At the same time, the current government approach completely ignores the alternatives for resolving climate equations by gas-to-power projects and by an increase in the consumption of natural gas in households and industry. Both Turkey and Greece have cut back on electricity imports due to low natural gas prices and have restarted gas generating capacities. In Bulgaria, however, expanding the use of natural gas is not an issue, as it might divert resources and attention away from the focus – the Belene NPP. Behind the scenes Ahmed Dogan negotiates with Gazprom for strategic investments in gasifying the Varna TPP.
Much talk is spent on the gas hub; billions will be invested in the expansion of the transit system allowing new billions of cubic meters of cheap natural gas to flow through the country. Yet, the government is afraid to make this gas accessible to local consumers and households.
The chances of long-term power purchase contracts for NPP Belene power with Kovachki’s traders companies are negligible. No bank will agree to underwrite his pledge at the level of commitment, required to kick start the project. The power market shifts away from 10 or 20-year long PPAs’ and Mr. Kovachki can change little, safe to engage the state.

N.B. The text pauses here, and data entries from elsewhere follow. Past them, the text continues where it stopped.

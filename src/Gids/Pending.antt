-- ===== src/Gids/Pending.antt =====
-- The timers of gids_update and _gids_map_update in src/munged/gids.c: how many updates are pending.
use munge.Prelude.{
  ℕ, ◌+◌, ◌*◌, ◌^◌, ◌<◌, ◌≤◌, ◌≡◌, refl, arith, ◌==◌, ltb, List, [], ◌∷◌, Bool, Bool-cases, true,
  false, Option, Option-cases, none, some, inl, inr, if◌then◌else◌, if_both,
}
use mathlib.Core.Path.{subst}
use munge.Clock.{ℤ, pos, negsuc, Timespec, get_timespec}
use munge.Timer.{
  Timer, Timers, Answer, died, einval, answer, alloc, alloc_from, insert, activate, set_absolute,
  set_at, set_relative, remove, cancel_found, cancel,
}
use munge.Clock.{is_timespec_le}
use munge.Gids.{GidMap}
use munge.Gids.Update.{
  Gids, World, Course, ends, waits, undefined, goes, keep_timer, cancel_pending, timers_after,
  is_positive, switch, disable_stat, Update, gids_update, finish_update, schedule,
}

abbrev pub After {ℓ κ} : {A : Type ℓ} → (A → Type κ) → Course A → Type κ
After P ends = Unit
After P waits = Unit
After P undefined = Unit
After P (goes a) = P a

module _ {ℓ} {W : Type ℓ} (is_update : W → Bool) where
  -- The active timers whose callback is an update.
  unfoldable pub pending : List (Timer W) → ℕ
  pending [] = 0
  pending (t ∷ l) = (if is_update t.callback then 1 else 0) + pending l

  pending-insert :
      (t : Timer W) (l : List (Timer W))
      → is_update t.callback ≡ true
      → pending (insert t l) ≡ pending l + 1
  unfolding pending insert
  pending-insert t [] e = rw e refl
  pending-insert t (x ∷ l) e = elim (Bool-cases (is_timespec_le x.ts t.ts)) [
    | inl c ↦ rw c (omega (arith, pending-insert t l e))
    | inr c ↦ rw (c, e) (omega arith)
  ]

  abbrev Sets : Timers W → Answer W → Type 0
  Sets s died = Unit
  Sets s einval = Unit
  Sets s (answer n b t) = pending t.active ≡ pending s.active + 1

  activate-Sets :
      (cb : W) (ts : Timespec) (s : Timers W) (mem : Bool)
      → is_update cb ≡ true
      → Sets s (activate cb ts (alloc mem s))
  unfolding activate alloc alloc_from
  activate-Sets cb ts s mem e = from s.inactive mem
    where
      from : (l : List (Timer W)) (m : Bool) → Sets s (activate cb ts (alloc_from m s l))
      from [] true = pending-insert _ s.active e
      from [] false = tt
      from (t ∷ l) m = pending-insert _ s.active e

  set_relative-Sets :
      (mem : Bool) (now : Option Timespec) (cb : W) (ms : ℤ) (s : Timers W)
      → is_update cb ≡ true
      → Sets s (set_relative mem now (some cb) ms s)
  unfolding set_relative set_at set_absolute
  set_relative-Sets mem now cb ms s e = elim (Option-cases (get_timespec now ms)) [
    | inl f ↦ rw (f, set_at) tt
    | inr (ts, f) ↦ rw (f, set_at, set_absolute) (activate-Sets cb ts s mem e)
  ]

  abbrev flag : Timer W → ℕ
  flag t = if is_update t.callback then 1 else 0

  -- A removal takes at most one.
  abbrev Removes : List (Timer W) → Option (Timer W × List (Timer W)) → Type 0
  Removes l none = Unit
  Removes l (some (t, rest)) = flag t + pending rest ≡ pending l

  remove-Removes : (n : ℕ) (l : List (Timer W)) → Removes l (remove n l)
  unfolding remove pending
  remove-Removes n [] = tt
  remove-Removes n (x ∷ l) = elim (Bool-cases (n == x.id)) [
    | inl c ↦ rw c refl
    | inr c ↦ elim (Option-cases (remove n l)) [
      | inl f ↦ rw (c, f) tt
      | inr ((t, rest), f) ↦
          let le : flag t + pending rest ≡ pending l = subst (Removes l) f (remove-Removes n l) in
          rw (c, f) (omega arith)
    ]
  ]

  cancel-le :
      (n : ℤ) (s : Timers W) → pending (timers_after s (cancel n s)).active ≤ pending s.active
  unfolding cancel cancel_found timers_after
  cancel-le (negsuc n) s = omega arith
  cancel-le (pos n) s = elim (Bool-cases (n == 0)) [
    | inl c ↦ rw c (omega arith)
    | inr c ↦ elim (Option-cases (remove n s.active)) [
      | inl f ↦ rw (c, f) (omega arith)
      | inr ((t, rest), f) ↦
          let le : flag t + pending rest ≡ pending s.active =
            subst (Removes s.active) f (remove-Removes n s.active) in
          rw (c, f) (omega arith)
    ]
  ]

  cancel_pending-le :
      (n : ℤ) (s : Timers W) → pending (cancel_pending n s).active ≤ pending s.active
  unfolding cancel_pending
  cancel_pending-le n s = elim (Bool-cases (is_positive n)) [
    | inl c ↦ rw c (cancel-le n s)
    | inr c ↦ rw c (omega arith)
  ]

  keep_timer-pending :
      (w : World W) (s : Timers W) (r : Answer W)
      → Sets s r
      → After (λ v. pending v.timers.active ≡ pending s.active + 1) (keep_timer w r)
  unfolding keep_timer
  keep_timer-pending w s died h = tt
  keep_timer-pending w s einval h = tt
  keep_timer-pending w s (answer n b t) h = h

  module _ (map_update : W) (known : is_update map_update ≡ true) where
    pub gids_update-pending :
        (mem : Bool) (now : Option Timespec) (w : World W)
        → After
            (λ v.
              pending v.timers.active ≡ pending (cancel_pending w.gids.timer w.timers).active + 1)
            (gids_update map_update mem now w)
    unfolding gids_update
    gids_update-pending mem now w =
        let t = cancel_pending w.gids.timer w.timers in
        keep_timer-pending _ t _ (set_relative-Sets mem now map_update (pos 0) t known)

    schedule-pending :
        (mem : Bool) (now : Option Timespec) (w : World W)
        → 0 < w.gids.interval_secs
        → After
            (λ v. pending v.timers.active ≡ pending w.timers.active + 1)
            (schedule map_update mem now w)
    unfolding schedule
    schedule-pending mem now w h =
        let some_interval : (w.gids.interval_secs == 0) ≡ false = ground arith in
        rw some_interval (
          if_both (After (λ v. pending v.timers.active ≡ pending w.timers.active + 1))
            (ltb (w.gids.interval_secs * 1000) (2 ^ 31)) _ undefined
            (keep_timer-pending w w.timers _ (
              set_relative-Sets mem now map_update (pos (w.gids.interval_secs * 1000)) w.timers
                known))
            tt)

    -- What both parts of an update leave alone.
    switch-World :
        (w : World W) (n : ℕ) (o : Option GidMap)
        → ((switch w n o).timers ≡ w.timers)
          × ((switch w n o).gids.interval_secs ≡ w.gids.interval_secs)
    unfolding switch
    switch-World w n none = (refl, refl)
    switch-World w n (some m) = elim (Option-cases w.gids.gid_hash) [
      | inl e ↦ (rw (e, switch) refl, rw (e, switch) refl)
      | inr (old, e) ↦ (rw (e, switch) refl, rw (e, switch) refl)
    ]

    disable_stat-interval : (z : ℤ) (g : Gids) → (disable_stat z g).interval_secs ≡ g.interval_secs
    unfolding disable_stat
    disable_stat-interval (pos n) g = refl
    disable_stat-interval (negsuc n) g = ground arith

    finish_update-pending :
        (mem : Bool) (now : Option Timespec) (w : World W) (u : Update)
        → 0 < w.gids.interval_secs
        → After
            (λ v. pending v.timers.active ≡ pending w.timers.active + 1)
            (finish_update map_update mem now (w, u))
    unfolding finish_update
    finish_update-pending mem now w u h =
        let s = switch w u.t_now u.gid_hash in
        let (same_timers, same_interval) = switch-World w u.t_now u.gid_hash in
        let positive : 0 < (disable_stat u.flag s.gids).interval_secs =
          omega (arith, disable_stat-interval u.flag s.gids) in
        subst
          (λ t.
            After (λ v. pending v.timers.active ≡ pending t.active + 1)
              (finish_update map_update mem now (w, u)))
          same_timers
          (schedule-pending mem now
            (record s { gids = record (disable_stat u.flag s.gids) { timer = pos 0 } }) positive)

    keep_timer-interval :
        (w : World W) (r : Answer W)
        → After (λ v. v.gids.interval_secs ≡ w.gids.interval_secs) (keep_timer w r)
    unfolding keep_timer
    keep_timer-interval w died = tt
    keep_timer-interval w einval = tt
    keep_timer-interval w (answer n b t) = refl

    gids_update-interval :
        (mem : Bool) (now : Option Timespec) (w : World W)
        → After
            (λ v. v.gids.interval_secs ≡ w.gids.interval_secs)
            (gids_update map_update mem now w)
    unfolding gids_update
    gids_update-interval mem now w = keep_timer-interval _ _

    -- Updates that are scheduled again pile up: when `gids_update` (a SIGHUP) comes while
    -- `_gids_map_update` runs, the end of the latter sets its timer without cancelling the one that
    -- `gids_update` set, so that two updates are pending, each of which schedules its successor.
    -- Without the call in between one is pending. Conditions: no update is pending (the thread has
    -- taken the timer whose callback runs), updates are periodic, and the calls come back.
    pub updates_pile_up :
        (mem mem' : Bool) (now now' : Option Timespec) (w v₁ v₂ v₃ : World W) (u : Update)
        → pending w.timers.active ≡ 0
        → 0 < w.gids.interval_secs
        → gids_update map_update mem now w ≡ goes v₁
        → finish_update map_update mem' now' (v₁, u) ≡ goes v₂
        → finish_update map_update mem' now' (w, u) ≡ goes v₃
        → (pending v₂.timers.active ≡ 2) × (pending v₃.timers.active ≡ 1)
    updates_pile_up mem mem' now now' w v₁ v₂ v₃ u idle periodic run₁ run₂ run₃ =
        let n₁ : pending v₁.timers.active
            ≡ pending (cancel_pending w.gids.timer w.timers).active + 1 =
          subst (After _) run₁ (gids_update-pending mem now w) in
        let same_interval : v₁.gids.interval_secs ≡ w.gids.interval_secs =
          subst (After _) run₁ (gids_update-interval mem now w) in
        let n₂ : pending v₂.timers.active ≡ pending v₁.timers.active + 1 =
          subst (After _) run₂
            (finish_update-pending mem' now' v₁ u (omega (arith, same_interval, periodic))) in
        let n₃ : pending v₃.timers.active ≡ pending w.timers.active + 1 =
          subst (After _) run₃ (finish_update-pending mem' now' w u periodic) in
        omega (arith, cancel_pending-le w.gids.timer w.timers)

What Mr. Kovachki and the Dogan-Peevski tandem behind him can come up with is just that a plethora of hidden and overt channels for subsidies – both real and quasi state – that could be pushed through Parliament with the votes of all parties.
The current criticism coming from the Socialists and from President Radev is just a grumbling – part of jockeying for position in the final deal structure.
The ‘good’ news is that the geopolitical risk of a Russian-Chinese coordinated NPP project in the EU and NATO countries is too high to be managed by any of the Bulgarian players – both corporate – such as Peevski and Kovachki, and/or institutional as PM Borisov or President Radev.